Top 5 questions employees ask about their new health insurance plan
Switching health insurance plans can bring up a lot of questions from employees looking to ensure they have everything they need to start using their health benefits. Employers can help during this time by making sure employees know where to go to get answers. For quick references on answers to commonly asked questions, we connected with our customer service team to learn five of the top questions they get asked from new members.
1. Is my provider/specialist in the network?
People want to get care from providers they are comfortable with. Often when switching health plans, the question of whether those providers are in-network is a big one, especially for patients whose health care needs involve the services of a specialist.
To help your employees find this important information about their plan, you can direct them to that plan’s Provider Directory. This will allow them to search for their doctor and specialists to confirm that they are part of the network. For many health plan websites, it’s important they pick the plan specific to their company’s offering. If they learn that their providers aren’t covered, this tool can also help them find a new primary care provider or specialist in their area. Because employers often pick a new plan based on minimal provider disruption, it’s a good idea to call Customer Service to double check if a provider is in the network.
2. What procedures/services will my plan cover?
After checking in on their providers, new members often want to make sure that any procedures or services they expect to have done are covered by their plan, and what those services will cost. Typically, the easiest way for new members to find a full list of covered services is through the health plan’s member portal.
By creating an account on the member portal, members will have access to all their important plan documents. This includes the Summary of Benefits and Coverage, which provides a summary of important cost sharing questions and coverage for common health care services. For more detailed information, members can find a complete list of covered services and their cost sharing on their Schedule of Benefits.

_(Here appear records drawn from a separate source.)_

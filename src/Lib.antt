-- ===== src/Lib.antt =====
-- Verification of the Ralink frame engine driver, drivers/net/ethernet/ralink: an Ethernet driver with
-- descriptor rings and a packet processing engine (PPE) that forwards flows in hardware.
--
-- The parts and the files that model them:
--   Base      shared names, Boolean tests, C arrays as functions, GENMASK and FIELD_PREP (Base/Field),
--             the bits of a word (Base/Bits).
--   Mmio      register reads and writes: ralink_fe_r32, ralink_fe_w32, ra_ppe_m32.
--   Vlan      the VLAN slot cache of ralink_fe.c (ralink_fe_vlan_cache_alloc); Vlan/Valid is what it
--             keeps true.
--   Tx        the transmit ring of ralink_fe.c: ralink_fe_tx_xmit_linear (Tx/Xmit), ralink_fe_tx_xmit_sg
--             and ralink_fe_tx_unwind_sg (Tx/Gather), ralink_fe_tx_clean_q (Tx/Clean),
--             ralink_fe_tx_ring_init and ralink_fe_tx_ring_reset (Tx/Reset), ralink_fe_start_xmit
--             (Tx/Send). Tx/Window is about the indices, Tx/Drain about the cleaning, Tx/Empty about the
--             reset, Tx/Faults about a mapping given back twice, Tx/Poll and Tx/Turns about ralink_fe_tx_poll.
--   Flow      the flow data of ra_ppe_offload.h, and the parser of flower rules in ra_ppe_offload.c:
--             ra_flow_mangle_eth and its kin (Flow/Mangle), ra_flow_parse_match (Flow/Match),
--             ra_flow_parse_actions (Flow/Actions); Flow/Parse is what the actions' parser accepts.
--   Slots     what both generations of the engine do with a flow table, over a format of descriptors:
--             promotion, keepalive and removal (Slots/Check, Slots/Table).
--   V1        the PPEv1 table of ra_ppe_v1_foe.h and ra_ppe_v1_offload.c: the driver's operations
--             (V1/Offload), the templates (V1/Build), the state word (V1/Word), and what holds of them
--             (V1/Bind, V1/Table, V1/Orphans, V1/Reach). V1/Rule joins the parser and the templates.
--   V2        the PPEv2 table of ra_ppe_v2_foe.h and ra_ppe_v2_offload.c, an entry as its 20 words: the
--             driver's operations (V2/Offload), the templates (V2/Build, V2/Template), the state word
--             (V2/Word), and that they follow the protocol of Slots (V2/Table, V2/Owners).
--   Tables    the software flow tables of ra_ppe_offload.c: ra_ppe_flow_insert, ra_ppe_flow_replace,
--             ra_ppe_flow_destroy and their kin over an interface of the kernel's hash tables
--             (Tables/Laws), the interleaving of rules, packets and hardware (Tables/System,
--             Tables/Safety), the errors of a rule (Tables/Rules), reset and flush (Tables/Stop), and the
--             two generations as instances (Tables/Engines).
--   Rx        the receive ring of ralink_fe.c: ralink_fe_rx_consume_one, ralink_fe_rx_ring_refill and
--             ralink_fe_rx_release_ring; Rx/Pages is about the owner of each page, Rx/Poll about
--             ralink_fe_rx_poll_1q and the interrupt mask, Rx/Rounds and Rx/Pair about
--             ralink_fe_rx_poll_2q. What the
--             device writes to a descriptor is an argument of each call.
--   Hw        words of ralink_fe.c outside the rings: ralink_fe_dim_rx and its kin (Hw/Dim), the MDIO bus
--             and ralink_fe_mac_link_up (Hw/Mdio), the data paths' set-up (Hw/Setup).
--   Nic       a whole device of ralink_fe.c: the tables of the systems-on-chip (Nic/Soc), struct
--             ralink_fe_priv (Nic/State), ralink_fe_open and ralink_fe_stop over the models of the parts
--             (Nic/Open), ralink_fe_probe and ralink_fe_remove (Nic/Probe, Nic/Attach), the statistics
--             (Nic/Stats). Nic/Frames, Nic/Rings and Nic/BringUp are what the steps of an open leave
--             alone, Nic/Life, Nic/Down and Nic/Outcome about the DMA and what an open and a stop leave,
--             Nic/Grants and Nic/Unwind about the resources of a probe. Rx/Fill is what a refill puts
--             into a ring.
--   Engine    how the engines are started and stopped: the registers of ra_ppe_v1_regs.h and
--             ra_ppe_v2_regs.h (Engine/V1Regs, Engine/V2Regs), ra_ppe_v1.c (Engine/V1), ra_ppe_v2.c
--             (Engine/V2), ra_ppe.c (Engine/Core, Engine/Blocks). Engine/Frames says which register each
--             operation touches, Engine/Safety and Engine/Start are about the order of ra_ppe_v1_start,
--             Engine/Init about ra_ppe_v2_hw_init, Engine/Unwind about the resources of ra_ppe_init.
--
-- The transmit path uses the VLAN cache; the PPE code takes the flows that the generic layer parsed.
-- State is passed explicitly. What a lock of the source protects is one step here, and a call that
-- changes something in the kernel is an event of the log. Kernel services whose answer matters (DMA
-- mapping, tag insertion, padding, the bridge, the hash table) are parameters. A __be16 or __be32 is the
-- word that the little-endian CPU holds. A w-bit value wraps at 2 ^ w where the source stores it.
--
-- The start routines of the engines are lists of the steps that the source makes, one for each call, so
-- that the states between two steps can be spoken of.
--
-- The loop of ralink_fe_tx_clean_q runs on a bound of 128 rounds, the size of the ring, which is more
-- than the descriptors in flight on a valid ring, and those of ralink_fe_rx_poll_2q and ralink_fe_tx_poll on one
-- round more than the budget; every other loop counts down a list or a number.
--
-- Not modelled: the bytes of a packet, the profiles of the moderation, the features of the network device
-- and the driver's name for ethtool, which are data for the kernel. A deletion runs under the
-- flow lock while packets do not: each call of it that takes the table's lock is one step, in the order
-- of ra_ppe_flow_destroy. The check of a packet is one step too: what the hardware writes between its
-- reads of one slot is not modelled, nor a write of the engine that leaves a slot bound. When the DMA
-- does not stop before the timeout the driver goes on; what is shown of a stop is for a DMA that stops.
pub mod Base
pub mod Mmio
pub mod Vlan
pub mod Tx
pub mod Flow
pub mod Slots
pub mod V1
pub mod V2
pub mod Tables
pub mod Rx
pub mod Engine
pub mod Hw
pub mod Nic
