-- ===== src/Base/Bits/Step.antt =====
-- The native operations mean `bitwise`, a recursion on binary digits whose first argument bounds
-- its depth. One equation for the lowest digit drops the bound.
use Prim.Native.Nat.{min, max, digits, bitwise, bit_and-bitwise, bit_or-bitwise}
use Prim.Native.Nat.{ℕ, zero, suc, ◌+◌, ◌-◌, ◌*◌, ◌/◌, ◌%◌, ◌≤◌, bit_and, bit_or}
use mathlib.Core.Path.{◌≡◌, refl, ap, ◌∙◌}
use native.Mathlib.Omega.{arith}

module _ (last : ℕ → ℕ) (join : ℕ → ℕ → ℕ) where
  -- Once the bound is reached, one more round changes nothing.
  digits-suc :
      (bound x y : ℕ) → x ≤ bound → digits last join (suc bound) x y ≡ digits last join bound x y
  digits-suc zero zero y below = refl
  digits-suc (suc bound) zero y below = refl
  digits-suc (suc bound) (suc x) y below = rw (digits-suc bound (suc x / 2) (y / 2) (omega arith))
  digits-suc zero (suc x) y below = absurd (omega arith)

  digits_bounded :
      (more bound x y : ℕ) → bound ≡ more + x → digits last join bound x y ≡ digits last join x x y
  digits_bounded zero bound x y e = ap (λ depth. digits last join depth x y) (omega arith)
  digits_bounded (suc more) zero x y e = absurd (omega arith)
  digits_bounded (suc more) (suc bound) x y e =
      digits-suc bound x y (omega arith) ∙ digits_bounded more bound x y (omega arith)

  lowest_digit :
      (x y : ℕ)
      → bitwise last join (suc x) y
        ≡ join (suc x % 2) (y % 2) + 2 * bitwise last join (suc x / 2) (y / 2)
  lowest_digit x y =
      omega (arith, digits_bounded (x - suc x / 2) x (suc x / 2) (y / 2) (omega arith))

pub bit_or_step : (x y : ℕ) → bit_or x y ≡ max (x % 2) (y % 2) + 2 * bit_or (x / 2) (y / 2)
bit_or_step zero y = simp bit_or-bitwise (omega arith)
bit_or_step (suc x) y = simp bit_or-bitwise (lowest_digit (λ d. d) max x y)

pub bit_and_step : (x y : ℕ) → bit_and x y ≡ min (x % 2) (y % 2) + 2 * bit_and (x / 2) (y / 2)
bit_and_step zero y = simp bit_and-bitwise (omega arith)
bit_and_step (suc x) y = simp bit_and-bitwise (lowest_digit (λ d. 0) min x y)
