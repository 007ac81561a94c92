-- ===== src/Base/Bits.antt =====
-- `&` and `|` at variables: the digit recursion that the native operations stand for gives their
-- laws under a shift, under a low mask, and at 0 and at a mask of ones.
mod Step
use Step.{bit_or_step, bit_and_step}
use Prim.Native.Nat.{
  ℕ, zero, suc, ◌+◌, ◌-◌, ◌*◌, ◌/◌, ◌%◌, ◌^◌, ◌≤◌, ◌<◌, min, max, bit_and, bit_or,
}
use mathlib.Core.Path.{◌≡◌, refl, ap, ◌∙◌, sym}
use native.Mathlib.Omega.{arith}
use native.Mathlib.Nat.{
  pow-suc, div-div-eq-div-mul, div-add-mod, mul_comm, div-one, one-le-pow, mod-one,
}
use Prim.Native.Nat.{bit_or-bitwise, bit_and-bitwise}

-- `bit_or a 0`, by recursion on a bound of `a`.
bit_or-zero_bound : (n a : ℕ) → a ≤ n → bit_or a 0 ≡ a
bit_or-zero_bound n zero h = refl
bit_or-zero_bound zero (suc a) h = absurd (omega arith)
bit_or-zero_bound (suc n) (suc a) h =
    omega (arith, bit_or_step (suc a) 0, bit_or-zero_bound n (suc a / 2) (omega arith))

pub bit_or-zero : (a : ℕ) → bit_or a 0 ≡ a
bit_or-zero a = bit_or-zero_bound a a (omega arith)

pub zero-bit_or : (a : ℕ) → bit_or 0 a ≡ a
zero-bit_or a = bit_or-bitwise 0 a

bit_and-zero_bound : (n a : ℕ) → a ≤ n → bit_and a 0 ≡ 0
bit_and-zero_bound n zero h = refl
bit_and-zero_bound zero (suc a) h = absurd (omega arith)
bit_and-zero_bound (suc n) (suc a) h =
    omega (arith, bit_and_step (suc a) 0, bit_and-zero_bound n (suc a / 2) (omega arith))

pub bit_and-zero : (a : ℕ) → bit_and a 0 ≡ 0
bit_and-zero a = bit_and-zero_bound a a (omega arith)

div-two-pow-suc : (a k : ℕ) → a / 2 ^ suc k ≡ a / 2 / 2 ^ k
div-two-pow-suc a k = rw (div-div-eq-div-mul, pow-suc) (ap (λ t. a / t) (mul_comm (2 ^ k) 2))

-- The remainder splits at its lowest digit.
mod-two-pow-suc : (a k : ℕ) → a % 2 ^ suc k ≡ a / 2 % 2 ^ k * 2 + a % 2
mod-two-pow-suc a k = omega (
  arith,
  pow-suc 2 k,
  div-two-pow-suc a k,
  div-add-mod a (2 ^ suc k),
  div-add-mod (a / 2) (2 ^ k),
  ap (λ (t : ℕ). 2 ^ suc k * t) (div-two-pow-suc a k),
  ap (λ (t : ℕ). t * (a / 2 / 2 ^ k)) (pow-suc 2 k),
)

pub zero-bit_and : (a : ℕ) → bit_and 0 a ≡ 0
zero-bit_and a = bit_and-bitwise 0 a

-- `(a | b) >> k` and `(a & b) >> k`.
pub bit_or-div : (k a b : ℕ) → bit_or a b / 2 ^ k ≡ bit_or (a / 2 ^ k) (b / 2 ^ k)
bit_or-div zero a b = simp div-one
bit_or-div (suc k) a b =
    rw (div-two-pow-suc, div-two-pow-suc, div-two-pow-suc, ← bit_or-div k (a / 2) (b / 2))
      (ap (λ t. t / 2 ^ k) (omega (arith, bit_or_step a b)))

pub bit_and-div : (k a b : ℕ) → bit_and a b / 2 ^ k ≡ bit_and (a / 2 ^ k) (b / 2 ^ k)
bit_and-div zero a b = simp div-one
bit_and-div (suc k) a b =
    rw (div-two-pow-suc, div-two-pow-suc, div-two-pow-suc, ← bit_and-div k (a / 2) (b / 2))
      (ap (λ t. t / 2 ^ k) (omega (arith, bit_and_step a b)))

pub bit_or-mod : (k a b : ℕ) → bit_or a b % 2 ^ k ≡ bit_or (a % 2 ^ k) (b % 2 ^ k)
bit_or-mod zero a b = simp mod-one (sym (bit_or-zero 0))
bit_or-mod (suc k) a b = ground (
  arith,
  bit_or_step a b,
  bit_or_step (a % 2 ^ suc k) (b % 2 ^ suc k),
  mod-two-pow-suc (bit_or a b) k,
  mod-two-pow-suc a k,
  mod-two-pow-suc b k,
  bit_or-mod k (a / 2) (b / 2),
)

pub bit_and-mod : (k a b : ℕ) → bit_and a b % 2 ^ k ≡ bit_and (a % 2 ^ k) (b % 2 ^ k)
bit_and-mod zero a b = simp mod-one (sym (bit_and-zero 0))
bit_and-mod (suc k) a b = ground (
  arith,
  bit_and_step a b,
  bit_and_step (a % 2 ^ suc k) (b % 2 ^ suc k),
  mod-two-pow-suc (bit_and a b) k,
  mod-two-pow-suc a k,
  mod-two-pow-suc b k,
  bit_and-mod k (a / 2) (b / 2),
)

-- `a & (2^k - 1)`.
pub bit_and-ones : (k a : ℕ) → bit_and a (2 ^ k - 1) ≡ a % 2 ^ k
bit_and-ones zero a = omega (arith, bit_and-zero a, mod-one a)
bit_and-ones (suc k) a = ground (
  arith,
  bit_and_step a (2 ^ suc k - 1),
  pow-suc 2 k,
  one-le-pow k 2,
  mod-two-pow-suc a k,
  bit_and-ones k (a / 2),
)

-- What is cleared by a complement has no bit in common with it.
pub bit_and-complement : (w m a : ℕ) → a < 2 ^ w → bit_and (bit_and m (2 ^ w - 1 - a)) a ≡ 0
bit_and-complement zero m a h =
    let none_set : a ≡ 0 = omega arith in rw none_set (bit_and-zero (bit_and m 0))
bit_and-complement (suc w) m a h =
    let b : ℕ = 2 ^ suc w - 1 - a in
    let half : b / 2 ≡ 2 ^ w - 1 - a / 2 = omega (arith, pow-suc 2 w) in
    let low : b % 2 + a % 2 ≡ 1 = omega (arith, pow-suc 2 w) in
    let rest : bit_and (bit_and (m / 2) (b / 2)) (a / 2) ≡ 0 =
      rw half (bit_and-complement w (m / 2) (a / 2) (omega (arith, pow-suc 2 w))) in
    let high : bit_and m b / 2 ≡ bit_and (m / 2) (b / 2) = omega (arith, bit_and_step m b) in
    let rest' : bit_and (bit_and m b / 2) (a / 2) ≡ 0 = rw high rest in
    omega (arith, low, bit_and_step m b, bit_and_step (bit_and m b) a, rest')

It’s a good idea to encourage all newly enrolled employees to sign up for an account on their health plan’s site so they have on-demand access to information when they need it. Health plan member apps are also great sources of cost-sharing information on the go.
AllWays Health Partners members can register for an account and download the member app at allwaysmember.org.
3. How does my cost sharing work?
The different types of cost sharing can be one of the most confusing parts of health insurance, so it’s no surprise that many new members have questions after looking into their plan details. The best way to help employees understand their health insurance costs is to make sure they know the definitions of the terms that appear on their plan documents.
When it comes to cost sharing, the most important terms are: copayment, deductible, coinsurance, and out-of-pocket maximum. It’s also helpful to discuss the differences between preventive and diagnostic care to help employees avoid unexpected cost sharing. Some health plans, like AllWays Health Partners, offer explainer videos on understanding basic cost sharing.
Read more: 6 types of health care terms your employees should know
By promoting health insurance literacy among your employees, you’ll make it easier for them to choose the right plan and get the most out of their insurance coverage.
4. Are all my dependents enrolled?
For families that have multiple people enrolled, the process of switching health plans is even more involved. To verify that all dependents are on the plan, employees can log in to their health plan’s member portal. This will show the subscriber their information as well as that of any dependents, including each person’s primary care provider and member ID number. If there is any issue with dependent enrollment, employees can contact their plan’s Customer Service team to address the problem.
5. When is my member ID card scheduled to arrive?
After they’ve enrolled in a new health plan, your employees may be anxious to receive their member ID card, especially if they have a doctor’s visit or procedure coming up soon. Fortunately, it usually isn’t necessary for them to wait for their card to arrive in the mail for them to start using their health benefits. Instead, they can access a digital version of their ID online through the health plan’s member portal or member app. This can then be saved to a mobile device or printed out and treated like a regular ID card.
Of course, if members have gone a while without receiving the card in the mail, they can always reach out to their plan’s Customer Service to check the status of their card. A representative can make sure the address on file is accurate and potentially have a new card issued if the other never arrived.